Second, they can lower the quality. This gives rise to the well-known term “shrinkflation.” Instead of giving you 4 slices of meat on the sandwich, they could give you 2. They could put more water in their tomato sauce or stop serving lemons with your drink. See the Hot dog from Costco to give a typical example. Some methods of reducing quality may be less obvious, such as closing earlier or being more economical (stingy) in using napkins given to customers.

I can remember several cases of the second option in restaurants I used to love. Although the prices were exactly the same as many years before, the quality of their products had deteriorated dramatically. I am disappointed that I no longer visit these restaurants. The reason for this was at least partly the inability or refusal to raise prices to cover the higher costs and the second option was chosen instead.

Although I had to shell out a few dollars more to get it, my last visit for fried chicken and fries was just as good as ever. I was grateful they went with option 1 and I hope this helps keep the restaurant around for many years to come.

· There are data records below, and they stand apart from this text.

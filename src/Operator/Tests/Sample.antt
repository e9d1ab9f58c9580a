-- ===== src/Operator/Tests/Sample.antt =====
-- A cluster that holds one deployment and accepts every write, and a website.
use kubecp.Common.{
  ℕ, suc, String, str_eq, Bool, true, false, none, some, [], ◌∷◌, ◌++◌, any, keep, not, pos,
  if◌then◌else◌,
}
use kubecp.Common.Exec.{ok, err}
use kubecp.Operator.Data.{Error, Website, Volume, Container, Deployment, claim, other_source}
use kubecp.Operator.Kube.{Kube, Cluster, Key}
use kubecp.Operator.Volumes.{Environment}
use kubecp.Operator.Website.Dns.{Reconciler}

abbrev pub site_of : String → Bool → Website
site_of phase deleting = record {
  name = "blog";
  namespace = "hosting-system";
  labels = ("hosting.panel/user", "alice") ∷ [];
  finalizers = "hosting.panel/website-cleanup" ∷ [];
  deleting = deleting;
  spec = record {
    primary_domain = "example.com";
    aliases = "example.org" ∷ [];
    ssl = none;
    php_version = "";
    php_config_profile = "";
    owner = "alice";
    replicas = none;
    resources = record { requests = none; limits = none };
    storage_size = "5Gi";
    owner_uid = pos 0;
  };
  status = record {
    phase = phase;
    replicas = pos 0;
    ready_replicas = pos 0;
    domains = [];
    conditions = [];
  };
}

abbrev pub host_keys : Volume
host_keys = record { name = "ssh-host-keys"; source = other_source "secret" }

abbrev pub sftp_container : Container
sftp_container = record {
  name = "sftp";
  image = "sftp";
  command = [];
  args = [];
  ports = [];
  probe = none;
  mounts = record { name = "ssh-host-keys"; mount_path = "/etc/ssh/keys"; sub_path = "" } ∷ [];
  resources = record { requests = none; limits = none };
}

abbrev pub sftp : Deployment
sftp = record {
  metadata = record {
    name = "hosting-panel-sftp";
    namespace = "hosting-system";
    labels = [];
    owners = [];
  };
  replicas = some (pos 1);
  selector = [];
  template = record {
    labels = [];
    annotations = [];
    fs_group = none;
    init_containers = [];
    containers = sftp_container ∷ [];
    volumes = host_keys ∷ record { name = "uv-bob"; source = claim "uv-bob" } ∷ [];
  };
  status_replicas = pos 1;
  status_ready_replicas = pos 1;
}

abbrev pub missing : Error
missing = record { is_not_found = true; text = "not found" }

abbrev pub refused : Error
refused = record { is_not_found = false; text = "quota exceeded" }

-- `State` counts the calls; `failing` makes every creation fail.
abbrev pub cluster : Bool → Website → Kube
cluster failing site = record {
  State = ℕ;
  get_website = λ key n. (ok site, suc n);
  list_websites = λ namespace n. (ok (site ∷ []), suc n);
  get_deployment = λ key n. (ok sftp, suc n);
  get_service = λ key n. (err missing, suc n);
  get_volume_claim = λ key n. (err missing, suc n);
  get_http_proxy = λ key n. (err missing, suc n);
  get_secret = λ key n. (err missing, suc n);
  put_website = λ s n. (ok s, suc n);
  put_status = λ s n. (ok s, suc n);
  put_create = λ o n. (if failing then err refused else ok tt, suc n);
  put_update = λ o n. (ok tt, suc n);
  put_delete = λ o n. (ok tt, suc n);
  owner_reference = λ s. ok s.name;
  contains_finalizer = λ l f. any (λ g. str_eq g f) l;
  add_finalizer = λ l f. l ++ f ∷ [];
  remove_finalizer = λ l f. keep (λ g. not (str_eq g f)) l;
  set_condition = λ l c. c ∷ [];
  parse_quantity = λ s. some (pos 5368709120);
  issue = λ t n. (ok ("crt", "key"), suc n);
  url_ok = λ url. true;
  send = λ req n. (ok 404, suc n);
}

abbrev pub start : Cluster ℕ
start = record { state = 0; writes = [] }

abbrev pub claims : Environment
claims = record { user_volume_mode = ""; storage_class = "local-path"; php_image_prefix = "" }

abbrev pub config : Reconciler
config = record { pdns_base_url = "http://pdns"; pdns_api_key = "k"; external_ip = "10.0.0.1" }

abbrev pub running_site : Website
running_site = site_of "Running" false

abbrev pub key : Key
key = record { namespace = "hosting-system"; name = "blog" }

Those who say that higher nominal prices for the same quality are all well and good for someone like me, but not for those most in need, should remember that lower quality for the same nominal price is a more expensive mealDon Boudreaux expressed this well in a post in Café Hayek in August 2021, where he predicted the looming inflation before “temporary” vs. “persistent” The debate began.

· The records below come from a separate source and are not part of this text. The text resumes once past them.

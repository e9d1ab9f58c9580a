-- ===== src/Operator/Website/Steps.antt =====
-- The steps of website_controller.go that bring one kind of object to the state that a website asks
-- for.
use Prim.Native.Char.{code}
use Prim.Native.String.{[], ◌∷◌}
use kubecp.Common.{
  String, ◌<>◌, ◌*◌, str_eq, ◌==◌, Option, none, some, List, [], ◌∷◌, ◌++◌, if◌then◌else◌,
}
use kubecp.Common.Text.{is_empty}
use kubecp.Common.Exec.{pure, lift, on_error, ◌>>=◌, ◌>>◌}
use kubecp.Operator.Data.{
  Website, WebsiteDomainSsl, OwnerReference, Deployment, Service, HttpProxy, Secret, deployment,
  service, http_proxy, secret,
}
use kubecp.Operator.Kube.{
  Kube, Key, Step, failed, wrap, reading, create, update, find, CertTemplate,
}
use kubecp.Operator.Volumes.{Environment, ensure_user_volume, requested_gb}
use kubecp.Operator.Website.Desired.{
  website_labels, owned_meta, desired_deployment, synced, desired_service, desired_http_proxy,
  http_proxy_name, proxy_spec, tls_name, enabled_ssl, ssl_mode,
}

abbrev pub key_of : Website → String → Key
key_of site name = record { namespace = site.namespace; name = name }

-- `sanitizeDomainForK8s`
unfoldable pub sanitize_domain : String → String
sanitize_domain [] = []
sanitize_domain (c ∷ s) = if code c == b'.' then "-" <> sanitize_domain s else c ∷ sanitize_domain s

abbrev pub alias_name : Website → String → String
alias_name site alias = site.name <> "-alias-" <> sanitize_domain alias

unfoldable pub alias_proxy : Website → String → OwnerReference → HttpProxy
alias_proxy site alias owner = record {
  metadata = owned_meta site owner (alias_name site alias) (website_labels site);
  spec = proxy_spec site alias none;
}

-- What `generateSelfSignedCertPEM` signs.
abbrev pub cert_template : String → CertTemplate
cert_template domain = record {
  common_name = domain;
  organization = "Hosting Panel";
  hours_before = 1;
  hours_after = 365 * 24;
  dns_names = domain ∷ [];
}

unfoldable pub tls_secret_of : Website → OwnerReference → String × String → Secret
tls_secret_of site owner (crt, key) = record {
  metadata =
      owned_meta site owner (tls_name site)
        (website_labels site ++ ("hosting.panel/type", "tls-selfsigned") ∷ []);
  type = "kubernetes.io/tls";
  crt = crt;
  key = key;
}

module _ (k : Kube) (env : Environment) where
  -- `controllerutil.SetControllerReference`
  unfoldable pub owner_reference : Website → Step k OwnerReference
  owner_reference site = on_error failed (lift (k.owner_reference site))

  unfoldable pub reconcile_pvc : Website → Step k (Unit {0})
  reconcile_pvc site = do
    gb ← requested_gb k site.spec.storage_size
    ensure_user_volume k env site.namespace site.spec.owner gb

  abbrev pub put_deployment : Option Deployment → Deployment → Step k (Unit {0})
  put_deployment none desired = create k (deployment desired)
  put_deployment (some old) desired = update k (deployment (synced old desired))

  unfoldable pub reconcile_deployment : Website → Step k (Unit {0})
  reconcile_deployment site = do
    old ← find (reading k (k.get_deployment (key_of site site.name)))
    owner ← owner_reference site
    put_deployment old (desired_deployment env site owner)

  unfoldable pub put_service : Website → Option Service → Step k (Unit {0})
  put_service site (some old) = pure tt
  put_service site none = do
    owner ← owner_reference site
    create k (service (desired_service site owner))

  unfoldable pub reconcile_service : Website → Step k (Unit {0})
  reconcile_service site = do
    old ← find (reading k (k.get_service (key_of site site.name)))
    put_service site old

  abbrev pub put_http_proxy : Option HttpProxy → HttpProxy → Step k (Unit {0})
  put_http_proxy none desired = create k (http_proxy desired)
  put_http_proxy (some old) desired = update k (http_proxy (record old { spec = desired.spec }))

  unfoldable pub reconcile_ingress : Website → Step k (Unit {0})
  reconcile_ingress site = if is_empty site.spec.primary_domain then pure tt else (do
    owner ← owner_reference site
    old ← find (reading k (k.get_http_proxy (key_of site (http_proxy_name site))))
    put_http_proxy old (desired_http_proxy site owner))

  unfoldable pub reconcile_alias : Website → String → Step k (Unit {0})
  reconcile_alias site alias = do
    owner ← owner_reference site
    old ← find (reading k (k.get_http_proxy (key_of site (alias_name site alias))))
    put_http_proxy old (alias_proxy site alias owner)

  -- The loop of `reconcileAliasHTTPProxies`.
  unfoldable pub reconcile_aliases : Website → List String → Step k (Unit {0})
  reconcile_aliases site [] = pure tt
  reconcile_aliases site (alias ∷ rest) = reconcile_alias site alias >> reconcile_aliases site rest

  unfoldable pub put_secret : Website → Option Secret → Step k (Unit {0})
  put_secret site (some old) = pure tt
  put_secret site none = do
    pair ←
        on_error (wrap ("failed to generate self-signed cert for " <> site.spec.primary_domain))
          (reading k (k.issue (cert_template site.spec.primary_domain)))
    owner ← owner_reference site
    on_error (wrap ("failed to create TLS secret " <> tls_name site))
        (create k (secret (tls_secret_of site owner pair)))

  unfoldable pub ensure_secret : Website → Step k (Unit {0})
  ensure_secret site = do
    old ← find (reading k (k.get_secret (key_of site (tls_name site))))
    put_secret site old

  abbrev pub if_self_signed : Website → Option WebsiteDomainSsl → Step k (Unit {0})
  if_self_signed site none = pure tt
  if_self_signed site (some ssl) =
      if str_eq (ssl_mode ssl) "selfsigned" then ensure_secret site else pure tt

  -- `reconcileSelfSignedCerts`
  unfoldable pub reconcile_self_signed_certs : Website → Step k (Unit {0})
  reconcile_self_signed_certs site = if_self_signed site (enabled_ssl site.spec.ssl)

Second, businesses that keep their prices the same over the long term can run into financial difficulties and reduce quality to the point where the customer base shrinks and the business eventually has to close. Inflation makes it harder to run local businesses. It can be especially hard for owners without formal business training.

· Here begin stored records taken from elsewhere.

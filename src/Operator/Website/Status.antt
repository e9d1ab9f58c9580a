-- ===== src/Operator/Website/Status.antt =====
-- How a pass of website_controller.go ends, and the status that it leaves.
pub mod Laws
pub mod Domains
use kubecp.Common.{
  ℕ, zero, ℤ, pos, String, str_eq, Bool, true, false, Option, none, some, List, [], ◌∷◌,
  if◌then◌else◌,
}
use kubecp.Common.Text.{is_empty}
use kubecp.Common.Exec.{Result, ok, err, Exec, pure, raise, on_error, ignore, ◌>>=◌, ◌>>◌}
use kubecp.Operator.Data.{
  Error, Condition, Website, WebsiteDomainSsl, WebsiteDomainStatus, Deployment, deployment, Secret,
}
use kubecp.Operator.Kube.{
  Kube, Cluster, Step, Fault, failed, panicked, reading, update_status, update, find,
}
use kubecp.Operator.Website.Desired.{enabled_ssl, tls_name}
use kubecp.Operator.Website.Steps.{key_of}

-- `(ctrl.Result, error)`: the delay in seconds, 0 for none, and the error.
pub record Outcome : Type 0 where
  pub requeue_after : ℕ
  pub error : Option Error

abbrev pub done : Outcome
done = record { requeue_after = 0; error = none }

-- How a pass ends early: it returns, or it panics.
pub data Stop : Type 0 where
  returned : Outcome → Stop
  crashed : Stop

-- `return ctrl.Result{}, err`
abbrev pub stop_of : Fault → Stop
stop_of (failed e) = returned (record { requeue_after = 0; error = some e })
stop_of panicked = crashed

abbrev pub is_zero : Option ℤ → Bool
is_zero (some (pos zero)) = true
is_zero _ = false

abbrev pub scaled_to_zero : Deployment → Deployment
scaled_to_zero d = record d { replicas = some (pos 0) }

module _ (k : Kube) where
  abbrev pub Pass : Type 0 → Type 0
  Pass A = Exec Stop (Cluster k.State) A

  abbrev pub available : Website → Bool → String → String → List Condition
  available site status reason message =
      k.set_condition site.status.conditions
        (record { type = "Available"; status = status; reason = reason; message = message })

  abbrev pub errored : Website → String → Error → Website
  errored site reason e = record site {
    status = record site.status {
      phase = "Error";
      conditions = available site false reason e.text;
    };
  }

  unfoldable pub set_error_status : {A : Type 0} → Website → String → Error → Pass A
  set_error_status site reason e = do
    ignore (update_status k (errored site reason e))
    raise (returned (record { requeue_after = 30; error = some e }))

  -- How `Reconcile` goes on behind a step.
  abbrev pub settle :
      Website
      → String
      → Result Fault (Unit {0}) × Cluster k.State
      → Result Stop (Unit {0}) × Cluster k.State
  settle site reason (ok a, w) = (ok a, w)
  settle site reason (err (failed e), w) = set_error_status site reason e w
  settle site reason (err panicked, w) = (err crashed, w)

  -- `if err := step(…); err != nil { return r.setErrorStatus(…) }`
  unfoldable pub or_error_status : Website → String → Step k (Unit {0}) → Pass (Unit {0})
  or_error_status site reason m w = settle site reason (m w)

  abbrev pub tolerate :
      Result Fault (Unit {0}) × Cluster k.State → Result Stop (Unit {0}) × Cluster k.State
  tolerate (err panicked, w) = (err crashed, w)
  tolerate (err (failed e), w) = (ok tt, w)
  tolerate (ok a, w) = (ok a, w)

  -- An error that is only logged.
  unfoldable pub non_fatal : Step k (Unit {0}) → Pass (Unit {0})
  non_fatal m w = tolerate (m w)

  abbrev succeeded : {A W : Type 0} → Result Fault A × W → Result Fault Bool × W
  succeeded (ok a, w) = (ok true, w)
  succeeded (err e, w) = (ok false, w)

  abbrev secret_name : Website → WebsiteDomainSsl → String
  secret_name site ssl = if is_empty ssl.secret_name then tls_name site else ssl.secret_name

  -- The certificate of a website is there, or none is asked for.
  unfoldable pub has_certificate : Website → Option WebsiteDomainSsl → Step k Bool
  has_certificate site none w = pure true w
  has_certificate site (some ssl) w =
      succeeded (reading k (k.get_secret (key_of site (secret_name site ssl))) w)

  -- The loop over the domains.
  unfoldable pub domain_statuses : Website → List String → Step k (List WebsiteDomainStatus)
  domain_statuses site [] = pure []
  domain_statuses site (domain ∷ rest) = do
    good ← has_certificate site (enabled_ssl site.spec.ssl)
    others ← domain_statuses site rest
    pure (
        record { name = domain; certificate_status = if good then "Valid" else "Pending" } ∷ others)

  abbrev pub running : Website → Deployment → List WebsiteDomainStatus → Website
  running site d domains = record site {
    status = record {
      phase = "Running";
      replicas = d.status_replicas;
      ready_replicas = d.status_ready_replicas;
      domains = domains;
      conditions = available site true "Reconciled" "All resources created successfully";
    };
  }

  abbrev later : Fault → Stop
  later e = returned (record { requeue_after = 5; error = none })

  unfoldable pub update_running_status : Website → Pass Outcome
  update_running_status site = do
    d ← on_error later (reading k (k.get_deployment (key_of site site.name)))
    domains ← on_error stop_of (domain_statuses site (site.spec.primary_domain ∷ site.spec.aliases))
    on_error stop_of (update_status k (running site d domains))
    pure done

  abbrev pub suspended : Website → Website
  suspended site = record site {
    status = record site.status {
      replicas = pos 0;
      ready_replicas = pos 0;
      conditions = available site false "Suspended" "Website is suspended";
    };
  }

  unfoldable pub scale_down : Deployment → Pass (Unit {0})
  scale_down d =
      if is_zero d.replicas
      then pure tt
      else on_error stop_of (update k (deployment (scaled_to_zero d)))

  unfoldable pub suspend : Website → Option Deployment → Pass Outcome
  suspend site none = pure done
  suspend site (some d) = do scale_down d; ignore (update_status k (suspended site)); pure done

  unfoldable pub reconcile_suspended : Website → Pass Outcome
  reconcile_suspended site = do
    found ← on_error stop_of (find (reading k (k.get_deployment (key_of site site.name))))
    suspend site found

Finally, Companies do not cause a general rise in the price level – inflation – is caused by government action, particularly the printing of new money to finance government spending. Politicians are quick to blame others for rising inflation, because admitting that inflation is due to actions they consciously supported and implemented would be tantamount to political suicide and should be avoided by a politician concerned with self-preservation. Firms that do not – or cannot – raise their prices in response are protecting themselves to some extent from the political consequences.

Today’s political and digital social environment can discourage companies from raising their prices in response to higher input costs or higher demand. McDonald’s and other chains have recently came under fire for prices that have become higher than customers expect from fast-food restaurants. They and others are trying to offer new menu options that provide value and keep prices low. Innovative ways of doing this are commendable and laudable in inflationary and otherwise difficult economic environments. But beware of the Money Illusion; lower quality at the same price leads to a more expensive product. Inflation is to blame, not the entrepreneurs.


Giorgio Castiglia is program manager for the competition project at the Mercatus Center and a doctoral student in economics at George Mason University.